Sarah Clarke: Family experience of blood cancer behind poignant programme
I met Eimear Smyth for a news report in the summer of 2018.
She was a young woman who’d been battling Hodgkin’s lymphoma and who, after relapsing twice, desperately needed to find a stem cell donor.
Countless rounds of chemo and a transplant of her own stem cells had failed.
Neither of her siblings was a match, so this was the next and only course of treatment open to the 24-year-old - her last chance to beat cancer.
At that point, I had some experience of blood cancer. The previous year - 25 April 2017 to be exact - my nephew Jack was diagnosed with leukaemia. He was 15.
Jack is now in remission and studying politics at Sheffield University, but it has been one hell of a battle which he has bravely fought.
And while check-ups continue and care needs to be taken, especially due to Covid, it’s now recovery on which Jack, and we as a family, feel fortunate to be focused.

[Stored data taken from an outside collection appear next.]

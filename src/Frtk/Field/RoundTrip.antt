-- ===== src/Frtk/Field/RoundTrip.antt =====
-- What `EncodeField` of native/host/frtk_field_schema.cpp writes, `DecodeField` reads back.
use cfb27_lua_hook.Prelude.{
  ℕ, ◌+◌, ◌*◌, ◌/◌, ◌%◌, ◌^◌, ◌≤◌, ◌<◌, ◌≡◌, refl, ap, ◌∙◌, ◌⊎◌, inl, inr, List, arith,
  if◌then◌else◌, length, get_or, All,
}
use cfb27_lua_hook.Prelude.Int.{ℤ, ◌-ℤ◌, ◌≤ℤ◌}
use cfb27_lua_hook.Prelude.Bits.{
  pow-pos, pow-add, replace_bits, replace_bits-field, replace_bits-lt, replace_bits-low,
  replace_bits-high,
}
use cfb27_lua_hook.Frtk.Field.{
  FieldDefinition, DecodedField, Fallible-cases, ok, is_offset_binary, validate_definition,
  shift_of, decode_field, numeric_value, raw_of, encode_field,
}
use cfb27_lua_hook.Frtk.Field.Storage.{
  read_storage, store, length-store, read_storage-store, read_storage-lt, get_or-store_outside,
}
use cfb27_lua_hook.Frtk.Field.Valid.{IsValid, validate_definition-IsValid, not-ltb_ℤ}
use cfb27_lua_hook.Frtk.Field.Raw.{decode_raw-raw_of}

-- What a successful `EncodeField` has found and done.
record IsEncoded (bytes bytes' : List ℕ) (d : FieldDefinition) (v : DecodedField) : Type 0 where
  valid : validate_definition (length bytes) d ≡ ok tt
  numeric : ℤ
  value : numeric_value d v ≡ ok numeric
  above : d.minimum ≤ℤ numeric
  below : numeric ≤ℤ d.maximum
  stored :
      let raw =
        raw_of d.bit_width
          (if is_offset_binary d.encoding then numeric -ℤ d.minimum else numeric) in
      bytes'
      ≡ store bytes d.byte_offset d.storage_bytes (
          replace_bits
            (read_storage bytes d.byte_offset d.storage_bytes)
            (2 ^ shift_of d)
            (2 ^ d.bit_width)
            raw)

encode_field-IsEncoded :
    (bytes bytes' : List ℕ) (d : FieldDefinition) (v : DecodedField)
    → encode_field bytes d v ≡ ok bytes'
    → IsEncoded bytes bytes' d v
unfolding encode_field
encode_field-IsEncoded bytes bytes' d v h =
    elim (Fallible-cases (validate_definition (length bytes) d)) [
      | inl (e, thrown) ↦ ground arith
      | inr (u, valid) ↦ elim (Fallible-cases (numeric_value d v)) [
        | inl (e, thrown) ↦ ground arith
        | inr (z, value) ↦ record {
          valid = valid;
          numeric = z;
          value = value;
          above = not-ltb_ℤ z d.minimum (ground arith);
          below = not-ltb_ℤ d.maximum z (ground arith);
          stored = ground arith;
        }
      ]
    ]

pub length-encode_field :
    (bytes bytes' : List ℕ) (d : FieldDefinition) (v : DecodedField)
    → encode_field bytes d v ≡ ok bytes'
    → length bytes' ≡ length bytes
length-encode_field bytes bytes' d v h =
    rw (encode_field-IsEncoded bytes bytes' d v h).stored (length-store bytes _ _ _)

-- The word splits into what lies above the field, the field and what lies below.
word_split :
    (size : ℕ) (d : FieldDefinition)
    → IsValid size d
    → 2 ^ (d.storage_bytes * 8) ≡ 2 ^ d.bit_offset * (2 ^ d.bit_width * 2 ^ shift_of d)
word_split size d valid =
    let bits = valid.bits in
    let sum : d.storage_bytes * 8 ≡ d.bit_offset + (d.bit_width + shift_of d) = omega arith in
    ap (λ k. 2 ^ k) sum
    ∙ pow-add d.bit_offset (d.bit_width + shift_of d)
    ∙ ap (λ (k : ℕ). 2 ^ d.bit_offset * k) (pow-add d.bit_width (shift_of d))

module _ (bytes bytes' : List ℕ) (d : FieldDefinition) (v : DecodedField)
    (are_bytes : All (λ b. b < 256) bytes) (encoded : encode_field bytes d v ≡ ok bytes') where
  record IsUpdated : Type 0 where
    facts : IsEncoded bytes bytes' d v
    valid : IsValid (length bytes) d
    raw : ℕ
    raw_is :
        raw
        ≡ raw_of d.bit_width
            (if is_offset_binary d.encoding then facts.numeric -ℤ d.minimum else facts.numeric)
    word :
        read_storage bytes' d.byte_offset d.storage_bytes
        ≡ replace_bits
            (read_storage bytes d.byte_offset d.storage_bytes)
            (2 ^ shift_of d)
            (2 ^ d.bit_width)
            raw
    same_length : length bytes' ≡ length bytes

  updated : IsUpdated
  updated =
      let facts = encode_field-IsEncoded bytes bytes' d v encoded in
      let valid = validate_definition-IsValid (length bytes) d facts.valid in
      let storage = read_storage bytes d.byte_offset d.storage_bytes in
      let raw =
        raw_of d.bit_width
          (if is_offset_binary d.encoding then facts.numeric -ℤ d.minimum else facts.numeric) in
      let word = replace_bits storage (2 ^ shift_of d) (2 ^ d.bit_width) raw in
      let split = word_split (length bytes) d valid in
      let fits : word < 2 ^ (d.storage_bytes * 8) = rw split (
        replace_bits-lt storage (2 ^ shift_of d) (2 ^ d.bit_width) raw (pow-pos (shift_of d))
          (pow-pos d.bit_width) (2 ^ d.bit_offset)
          (rw split at (read_storage-lt bytes d.byte_offset d.storage_bytes are_bytes))) in
      record {
        facts = facts;
        valid = valid;
        raw = raw;
        raw_is = refl;
        word =
            rw facts.stored
              (read_storage-store bytes d.byte_offset d.storage_bytes word valid.within fits);
        same_length = rw facts.stored (length-store bytes d.byte_offset d.storage_bytes word);
      }

  -- A field that was encoded decodes to the value that went in, on every encoding.
  pub decode-encode_field : decode_field bytes' d ≡ ok v
  unfolding decode_field
  decode-encode_field =
      let u = updated in
      let facts = u.facts in
      let read : read_storage bytes' d.byte_offset d.storage_bytes
            / 2 ^ shift_of d
            % 2 ^ d.bit_width
          ≡ u.raw % 2 ^ d.bit_width =
        rw u.word (replace_bits-field _ _ _ u.raw (pow-pos (shift_of d)) (pow-pos d.bit_width)) in
      rw (u.same_length, facts.valid, read, u.raw_is)
        (decode_raw-raw_of (length bytes) d d.encoding v facts.numeric refl u.valid facts.value
          facts.above facts.below)

  -- Encoding changes no byte outside the field's storage, and within it no bit above the field and
  -- none below; the record keeps its length.
  pub encode_field-frame :
      (length bytes' ≡ length bytes)
      × ((i : ℕ)
          → (i < d.byte_offset) ⊎ (d.byte_offset + d.storage_bytes ≤ i)
          → get_or bytes' i 0 ≡ get_or bytes i 0)
      × (read_storage bytes' d.byte_offset d.storage_bytes % 2 ^ shift_of d
          ≡ read_storage bytes d.byte_offset d.storage_bytes % 2 ^ shift_of d)
      × (read_storage bytes' d.byte_offset d.storage_bytes / (2 ^ d.bit_width * 2 ^ shift_of d)
          ≡ read_storage bytes d.byte_offset d.storage_bytes / (2 ^ d.bit_width * 2 ^ shift_of d))
  encode_field-frame =
      let u = updated in
      let p = pow-pos (shift_of d) in
      let w = pow-pos d.bit_width in
      (
        u.same_length,
        (λ i outside.
            rw u.facts.stored
              (get_or-store_outside bytes d.byte_offset d.storage_bytes _ i outside)),
        rw u.word (replace_bits-low _ _ _ u.raw p w),
        rw u.word (replace_bits-high _ _ _ u.raw p w),
      )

I recall my brother telling me he hoped the chemo regime (one year intensive, three years maintenance in Jack’s case) in the fantastic Alder Hey Children’s Hospital in Liverpool - gruelling and debilitating as it was - would be enough to rid Jack’s young body of the cancer and that we wouldn’t have to pursue a stem cell transplant.
A doctor himself, my brother knew just how difficult it would be - both to find a match and to endure. But how if it’s the last resort, it is, of course, what you’d pursue.

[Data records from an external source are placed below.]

-- ===== src/Frtk/Access/Planned.antt =====
-- What a plan of `PlanFieldWrites` of native/host/frtk_record_access.cpp was made of and what its
-- operations do to the record.
use cfb27_lua_hook.Prelude.{
  ℕ, ◌≤◌, ◌<◌, ◌≡◌, refl, sym, subst, ◌∙◌, inl, inr, true, false, ◌||◌, none, some, List, [], ◌∷◌,
  map, arith, ltb, ◌==◌, Bool-cases, Option-cases, length, get_or, length-map,
}
use cfb27_lua_hook.Memory.Backend.{MemoryBackend}
use cfb27_lua_hook.Memory.Transaction.{TransactionOperation, max_transaction_operations}
use cfb27_lua_hook.Frtk.Field.{FieldDefinition, ok, Fallible-cases, encode_field}
use cfb27_lua_hook.Frtk.Field.RoundTrip.{length-encode_field}
use cfb27_lua_hook.Frtk.Schema.{
  AuthorityStatus, discovery_only, commit_adapter_required, direct_verified, TableSchema,
  SchemaRegistry,
}
use cfb27_lua_hook.Frtk.Catalog.{
  TableHandle, TableStorage, canonical_records, word_swapped_records, indexed_reference_array,
  CatalogDescriptor, CatalogEvidenceSnapshot, SessionCatalog, resolve,
}
use cfb27_lua_hook.Frtk.Access.{
  FieldChange, FieldWritePlan, schema_for, row_address, canonical, change_fields, encode_fields,
  operation_of, plan_of, is_direct, Revalidated, read_record, plan_record, plan_field_writes,
}
use cfb27_lua_hook.Frtk.Access.Words.{swap_words-involutive, length-swap_words}
use cfb27_lua_hook.Frtk.Access.Plan.{diff}
use cfb27_lua_hook.Frtk.Access.Correct.{written, written-diff}

canonical-involutive :
    (storage : TableStorage) (bytes : List ℕ) → canonical storage (canonical storage bytes) ≡ bytes
unfolding canonical
canonical-involutive canonical_records bytes = refl
canonical-involutive word_swapped_records bytes = swap_words-involutive bytes
canonical-involutive indexed_reference_array bytes = refl

length-canonical :
    (storage : TableStorage) (bytes : List ℕ) → length (canonical storage bytes) ≡ length bytes
unfolding canonical
length-canonical canonical_records bytes = refl
length-canonical word_swapped_records bytes = length-swap_words bytes
length-canonical indexed_reference_array bytes = refl

length-encode_fields :
    (bytes bytes' : List ℕ) (fields : List FieldDefinition) (changes : List FieldChange)
    → encode_fields bytes fields changes ≡ ok bytes'
    → length bytes' ≡ length bytes
unfolding encode_fields
length-encode_fields bytes bytes' [] changes h = ground arith
length-encode_fields bytes bytes' (d ∷ ds) [] h = ground arith
length-encode_fields bytes bytes' (d ∷ ds) (change ∷ changes) h =
    elim (Fallible-cases (encode_field bytes d change.value)) [
      | inl (e, thrown) ↦ absurd (ground arith)
      | inr (between, encoded) ↦
          let rest : encode_fields between ds changes ≡ ok bytes' = ground (arith, encoded) in
          length-encode_fields between bytes' ds changes rest
          ∙ length-encode_field bytes between d change.value encoded
    ]

-- The record as it is, as it is to be, and the runs of bytes in which the two differ.
pub record IsPlanned (d : CatalogDescriptor) (table : TableSchema) (address : ℕ)
    (fields : List FieldDefinition) (changes : List FieldChange)
    (operations : List TransactionOperation) (original live : List ℕ) : Type 0 where
  pub encoded :
      encode_fields (canonical d.storage original) fields changes ≡ ok (canonical d.storage live)
  pub same_length : length live ≡ length original
  pub are_runs : operations ≡ map (operation_of address) (diff 0 none original live)
  pub some_runs : (0 < length operations) × (length operations ≤ max_transaction_operations)
  pub writes_live :
      (p : ℕ)
      → written (λ r. r.replacement) (diff 0 none original live) p (get_or original p 0)
        ≡ get_or live p 0
  pub writes_back :
      (p : ℕ)
      → written (λ r. r.expected) (diff 0 none original live) p (get_or live p 0)
        ≡ get_or original p 0

is_direct-verified : (a : AuthorityStatus) → is_direct a ≡ true → a ≡ direct_verified
unfolding is_direct
is_direct-verified discovery_only h = ground arith
is_direct-verified commit_adapter_required h = ground arith
is_direct-verified direct_verified h = refl

plan_of-ok :
    (evidence : CatalogEvidenceSnapshot) (address : ℕ) (original live : List ℕ)
    → (plan_of evidence address original live).ok ≡ true
    → let operations = (plan_of evidence address original live).operations in
      (operations ≡ map (operation_of address) (diff 0 none original live))
      × (0 < length operations)
      × (length operations ≤ max_transaction_operations)
unfolding plan_of
plan_of-ok evidence address original live h =
    let count = length-map (operation_of address) (diff 0 none original live) in
    let runs = diff 0 none original live in
    elim (Bool-cases ((length runs == 0) || ltb max_transaction_operations (length runs))) [
      | inl wrong ↦ absurd (ground arith)
      | inr fine ↦
          let (made, many) : ((plan_of evidence address original live).operations
                ≡ map (operation_of address) runs)
              × ((0 < length runs) × (length runs ≤ max_transaction_operations)) =
            (ground (arith, fine), (ground arith, ground arith)) in
          (made, rw (made, count) many.0, rw (made, count) many.1)
    ]

module _ {S : Type 0} (backend : MemoryBackend S)
    (revalidate : SessionCatalog → S → Revalidated × S) (schema : SchemaRegistry) where
  plan_record-ok :
      (evidence : CatalogEvidenceSnapshot) (d : CatalogDescriptor) (table : TableSchema)
      (address : ℕ) (fields : List FieldDefinition) (changes : List FieldChange) (s : S)
      → let plan =
          (plan_record backend revalidate schema evidence d table address fields changes s).0 in
        plan.ok ≡ true
        → (original : List ℕ) × (live : List ℕ) × ((read_record backend revalidate schema address
              table.record_size s).0
            ≡ some original)
          × IsPlanned d table address fields changes plan.operations original live
  unfolding plan_record
  plan_record-ok evidence d table address fields changes s h =
      elim (Option-cases (read_record backend revalidate schema address table.record_size s).0) [
        | inl failed ↦ absurd (ground arith)
        | inr (original, read) ↦
            elim (Fallible-cases (encode_fields (canonical d.storage original) fields changes)) [
              | inl (e, thrown) ↦ absurd (ground arith)
              | inr (replacement, encoded) ↦
                  let live = canonical d.storage replacement in
                  let same =
                    length-canonical d.storage replacement
                    ∙ length-encode_fields (canonical d.storage original) replacement fields changes
                        encoded
                    ∙ length-canonical d.storage original in
                  let is_plan : (plan_record backend revalidate schema evidence d table address
                        fields changes s).0
                      ≡ plan_of evidence address original live =
                    ground (arith, read, encoded) in
                  let planned =
                    plan_of-ok evidence address original live
                      (subst (λ (p : FieldWritePlan). p.ok ≡ true) is_plan h) in
                  (
                    original,
                    live,
                    read,
                    record {
                      encoded = rw (canonical-involutive d.storage replacement) encoded;
                      same_length = same;
                      are_runs = rw is_plan planned.0;
                      some_runs = rw is_plan (planned.1, planned.2);
                      writes_live = λ p. (written-diff original live p (sym same)).0;
                      writes_back = λ p. (written-diff original live p (sym same)).1;
                    },
                  )
            ]
      ]

  -- What a plan of these operations was made from.
  abbrev pub Planned :
      SessionCatalog → TableHandle → ℕ → List FieldChange → S → List TransactionOperation → Type 0
  Planned catalog handle row changes s operations =
      let checked = (revalidate catalog s).0 in
      let s1 = (revalidate catalog s).1 in
      (checked.valid ≡ true)
      × (d : CatalogDescriptor) × (table : TableSchema) × (address : ℕ) × (fields : List
          FieldDefinition)
      × (original : List ℕ) × (live : List ℕ) × (resolve checked.catalog handle ≡ some d)
      × (d.authority_status ≡ direct_verified)
      × (schema_for schema d ≡ some table)
      × (row_address d row ≡ some address)
      × (change_fields checked.catalog handle.generation schema table.table_id [] changes
          ≡ some fields)
      × ((read_record backend revalidate schema address table.record_size s1).0 ≡ some original)
      × IsPlanned d table address fields changes operations original live

  -- A plan that goes through was made with a valid catalog for a table proven writable: the record
  -- was read, all changes were encoded into its canonical form, and the operations, 1 to 32, are the
  -- runs of bytes in which the two differ: their replacements make the one of the other, and their
  -- expected bytes make it back.
  pub plan_field_writes-IsPlanned :
      (catalog : SessionCatalog) (handle : TableHandle) (row : ℕ) (changes : List FieldChange)
      (s : S)
      → let plan = (plan_field_writes backend revalidate schema catalog handle row changes s).0 in
        plan.ok ≡ true → Planned catalog handle row changes s plan.operations
  unfolding plan_field_writes
  plan_field_writes-IsPlanned catalog handle row changes s h =
      let checked = (revalidate catalog s).0 in
      let s1 = (revalidate catalog s).1 in
      elim (Bool-cases checked.valid) [
        | inr invalid ↦ absurd (ground arith)
        | inl valid ↦ elim (Option-cases (resolve checked.catalog handle)) [
          | inl stale ↦ absurd (ground arith)
          | inr (d, resolved) ↦ elim (Option-cases (schema_for schema d)) [
            | inl unknown ↦ absurd (ground arith)
            | inr (table, known) ↦ elim (Option-cases (row_address d row)) [
              | inl outside ↦ absurd (ground arith)
              | inr (address, located) ↦
                  elim (Option-cases (
                    change_fields checked.catalog handle.generation schema table.table_id []
                      changes)) [
                        | inl illegal ↦ absurd (ground arith)
                        | inr (fields, legal) ↦
                            let direct : is_direct d.authority_status ≡ true = ground arith in
                            let some_changes : (length changes == 0) ≡ false = ground arith in
                            let plan =
                              (plan_record backend revalidate schema checked.evidence d table
                                address fields changes s1).0 in
                            let is_plan : (plan_field_writes backend revalidate schema catalog
                                  handle row changes s).0
                                ≡ plan =
                              ground (
                                arith, valid, resolved, known, direct, located, some_changes, legal,
                              ) in
                            let (original, live, read, planned) =
                              plan_record-ok checked.evidence d table address fields changes s1
                                (subst (λ (p : FieldWritePlan). p.ok ≡ true) is_plan h) in
                            (
                              valid,
                              d,
                              table,
                              address,
                              fields,
                              original,
                              live,
                              resolved,
                              is_direct-verified d.authority_status direct,
                              known,
                              located,
                              legal,
                              read,
                              subst
                                  (λ (p : FieldWritePlan).
                                    IsPlanned d table address fields changes p.operations original
                                      live)
                                  (sym is_plan) planned,
                            )
                      ]
            ]
          ]
        ]
      ]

He also mentioned in passing that I (as the youngest of his three siblings) would be (after Jack’s little sister Lucy) the best candidate for a potential match.
Fortunately, we didn’t have to go down that road, but it was a conversation I remembered distinctly when I met the Smyth family and heard in particular dad Seán’s desperate plea for someone to help save his daughter’s life.

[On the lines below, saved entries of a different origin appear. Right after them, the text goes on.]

-- ===== src/Frtk/Access/Tests.antt =====
-- native/host/frtk_record_access.cpp at a record of a word-swapped table with a field to change.
use cfb27_lua_hook.Prelude.{
  ℕ, ◌+◌, ◌≡◌, refl, true, none, some, List, [], ◌∷◌, map, bytes_eq, all, find_if,
}
use cfb27_lua_hook.Prelude.Bits.{replace_bits}
use cfb27_lua_hook.Prelude.Int.{pos, negsuc, ◌+ℤ◌, ◌-ℤ◌}
use cfb27_lua_hook.Memory.Backend.{MemoryBackend}
use cfb27_lua_hook.Memory.Address.{is_valid_transaction_id}
use cfb27_lua_hook.Memory.Transaction.{TransactionOperation, PreparedOperation, write, ok}
use cfb27_lua_hook.Memory.Transaction.Run.{check_request}
use cfb27_lua_hook.Frtk.Access.Finalize.{
  GuardedFieldTransaction, finalize_field_transaction, finalize_gathered, gather, is_stale,
  add_operations, add_operation_constraints, internal_address, is_ill_formed, add_bytes,
  merge_constraint, merge_replacement, guard_operation, sort_constraint_ranges,
  insert_constraint_range, is_before, merge_ranges, grow, component_operations, component_bytes,
  component_operation, any_replacement, is_over_limit,
}
use cfb27_lua_hook.Frtk.Access.Guarded.{check_request-finalize_field_transaction}
use cfb27_lua_hook.Reader.Text.{to_hex, upper_digit, parse_hex, digits_value, digit_of, is_hex}
use cfb27_lua_hook.Frtk.Field.{
  signed, FieldDefinition, integer, encode_field, validate_definition, numeric_value,
}
use cfb27_lua_hook.Frtk.Field.Storage.{read_storage, store}
use cfb27_lua_hook.Frtk.Schema.{direct_verified, SchemaRegistry, find_table, find_field}
use cfb27_lua_hook.Frtk.Catalog.{
  TableHandle, word_swapped_records, CatalogEvidenceGuard, SessionCatalog, resolve, is_indexed,
  contains, evidence_is_active, sort_ids, insert_id,
}
use cfb27_lua_hook.Frtk.Access.{
  FieldChange, FieldWritePlan, Revalidated, is_schema_for, schema_for, row_address,
  is_valid_reference, canonical, contains_name, change_fields, encode_fields, operation_of, plan_of,
  is_direct, read_record, plan_record, plan_field_writes,
}
use cfb27_lua_hook.Frtk.Access.Words.{swap_words}
use cfb27_lua_hook.Frtk.Access.Plan.{address_text, diff, extend}
use cfb27_lua_hook.Frtk.Access.Correct.{written, written-diff}
use cfb27_lua_hook.Frtk.Access.Planned.{Planned, plan_field_writes-IsPlanned}

abbrev speed : FieldDefinition
speed = record {
  name = b's' ∷ [];
  encoding = signed;
  byte_offset = 1;
  storage_bytes = 2;
  bit_offset = 6;
  bit_width = 5;
  minimum = negsuc 15;
  maximum = pos 15;
  reference_table_id = none;
}

abbrev schema : SchemaRegistry
schema = record {
  schema_identity = [];
  build_identity = [];
  tables =
      record {
        logical_name = [];
        table_id = 40;
        unique_id = 900;
        capacity = 16;
        record_size = 8;
        authority_status = direct_verified;
        fields = speed ∷ [];
      }
      ∷ [];
}

abbrev session : SessionCatalog
session = record {
  generation = 1;
  game_ready = true;
  schema = schema;
  entries =
      record {
        descriptor = record {
          unique_id = 900;
          session_table_id = 40;
          base_address = 0x10000;
          stride = 8;
          capacity = 16;
          allocation_base = 0x10000;
          allocation_size = 4096;
          storage = word_swapped_records;
          virtual_target_table_id = none;
          virtual_width = 0;
          profile_id = [];
          lifecycle_generation = 1;
          authority_status = direct_verified;
          evidence = [];
        };
        profile = record {
          logical_name = [];
          table_id = 40;
          unique_id = 900;
          capacity = 16;
          record_size = 8;
          rows = [];
          relationships = [];
        };
      }
      ∷ [];
}

abbrev handle : TableHandle
handle = record { unique_id = 900; generation = 1 }

-- A memory whose every record has these bytes; its state counts the calls.
abbrev same_everywhere : MemoryBackend ℕ
same_everywhere = record {
  validate = λ a n w s. (true, s + 1);
  read = λ a n s. (some (252 ∷ 253 ∷ 254 ∷ 255 ∷ 4 ∷ 3 ∷ 2 ∷ 1 ∷ []), s + 1);
  write = λ a bs s. (true, s + 1);
}

abbrev guard : CatalogEvidenceGuard
guard = record { address = 0x20000; expected = 7 ∷ 8 ∷ [] }

abbrev always_valid : SessionCatalog → ℕ → Revalidated × ℕ
always_valid catalog s = (
  record {
    valid = true;
    evidence = record {
      lifecycle_generation = 1;
      active_unique_ids = 900 ∷ [];
      guards = guard ∷ [];
    };
    catalog = catalog;
  },
  s + 1,
)

abbrev changes : List FieldChange
changes = record { name = b's' ∷ []; value = integer (pos 3) } ∷ []

abbrev planned : FieldWritePlan
planned = (plan_field_writes same_everywhere always_valid schema session handle 2 changes 0).0

plan_runs : ℕ
unfolding plan_field_writes plan_record read_record plan_of diff extend operation_of address_text
    is_direct row_address schema_for is_schema_for find_table find_if find_field resolve canonical
    swap_words change_fields contains_name is_valid_reference is_indexed encode_fields encode_field
    validate_definition numeric_value read_storage store replace_bits to_hex upper_digit bytes_eq
    ◌-ℤ◌ ◌+ℤ◌
plan_runs = 0

plan_test : planned.ok ≡ true
unfolding plan_runs
plan_test = refl

-- Two bytes next to each other in the record, so two in its swapped words.
operations_test :
    planned.operations
    ≡ record {
      address = b'0' ∷ b'x' ∷ b'1' ∷ b'0' ∷ b'0' ∷ b'1' ∷ b'1' ∷ [];
      expected = 253 ∷ 254 ∷ [];
      replacement = 125 ∷ 252 ∷ [];
      kind = write;
    }
      ∷ []
unfolding plan_runs
operations_test = refl

plan_field_writes-IsPlanned_example :
    Planned same_everywhere always_valid schema session handle 2 changes 0 planned.operations
plan_field_writes-IsPlanned_example =
    plan_field_writes-IsPlanned same_everywhere always_valid schema session handle 2 changes 0
      plan_test

written-diff_example :
    (written (λ r. r.replacement) (diff 0 none (1 ∷ 2 ∷ 3 ∷ []) (1 ∷ 5 ∷ 3 ∷ [])) 1 2 ≡ 5)
    × (written (λ r. r.expected) (diff 0 none (1 ∷ 2 ∷ 3 ∷ []) (1 ∷ 5 ∷ 3 ∷ [])) 1 5 ≡ 2)
written-diff_example = written-diff (1 ∷ 2 ∷ 3 ∷ []) (1 ∷ 5 ∷ 3 ∷ []) 1 refl

abbrev transaction_id : List ℕ
transaction_id = b't' ∷ b'1' ∷ []

finalize_runs : ℕ
unfolding plan_runs finalize_field_transaction finalize_gathered gather is_stale evidence_is_active
    add_operations add_operation_constraints internal_address is_ill_formed add_bytes
    merge_constraint merge_replacement guard_operation sort_constraint_ranges
    insert_constraint_range is_before merge_ranges grow component_operations component_bytes
    component_operation any_replacement is_over_limit contains parse_hex digits_value digit_of
    is_hex sort_ids insert_id
finalize_runs = 0

abbrev guarded : GuardedFieldTransaction
guarded = finalize_field_transaction session transaction_id (planned ∷ [])

guarded_test : guarded.ok ≡ true
unfolding finalize_runs all
guarded_test = refl

-- The plan's write, and a check of the bytes of the evidence.
guarded_operations_test :
    map (λ (op : TransactionOperation). op.expected) guarded.request.operations
    ≡ (253 ∷ 254 ∷ []) ∷ (7 ∷ 8 ∷ []) ∷ []
unfolding finalize_runs all
guarded_operations_test = refl

id_test : is_valid_transaction_id transaction_id ≡ true
unfolding is_valid_transaction_id all
id_test = refl

check_request-finalize_field_transaction_example :
    (ps : List PreparedOperation) × (check_request guarded.request ≡ ok ps)
check_request-finalize_field_transaction_example =
    check_request-finalize_field_transaction session transaction_id (planned ∷ []) id_test
      guarded_test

Their appeal on UTV Live did help find a positive match for Eimear. It also led to a massive rise in people signing the stem cell register in Northern Ireland.
But it wouldn’t have happened without the Smyth family’s resolute drive to raise awareness in their local community - speaking to us on UTV Live, at schools, in GAA clubs, and other community centres.
We decided to follow Eimear's journey for a programme about her treatment and recovery.
Sadly, that's not how it turned out.
Eimear passed away on 27 June 2019, having married her childhood sweetheart Phillip Gooderham in hospital just days before.
Her stem cell transplant was a success. She was told she was clear of cancer, but it was a complication of the treatment that led to her death.
It was Eimear’s dying wish to raise awareness of stem cell donation and to help further research into the treatment to help others.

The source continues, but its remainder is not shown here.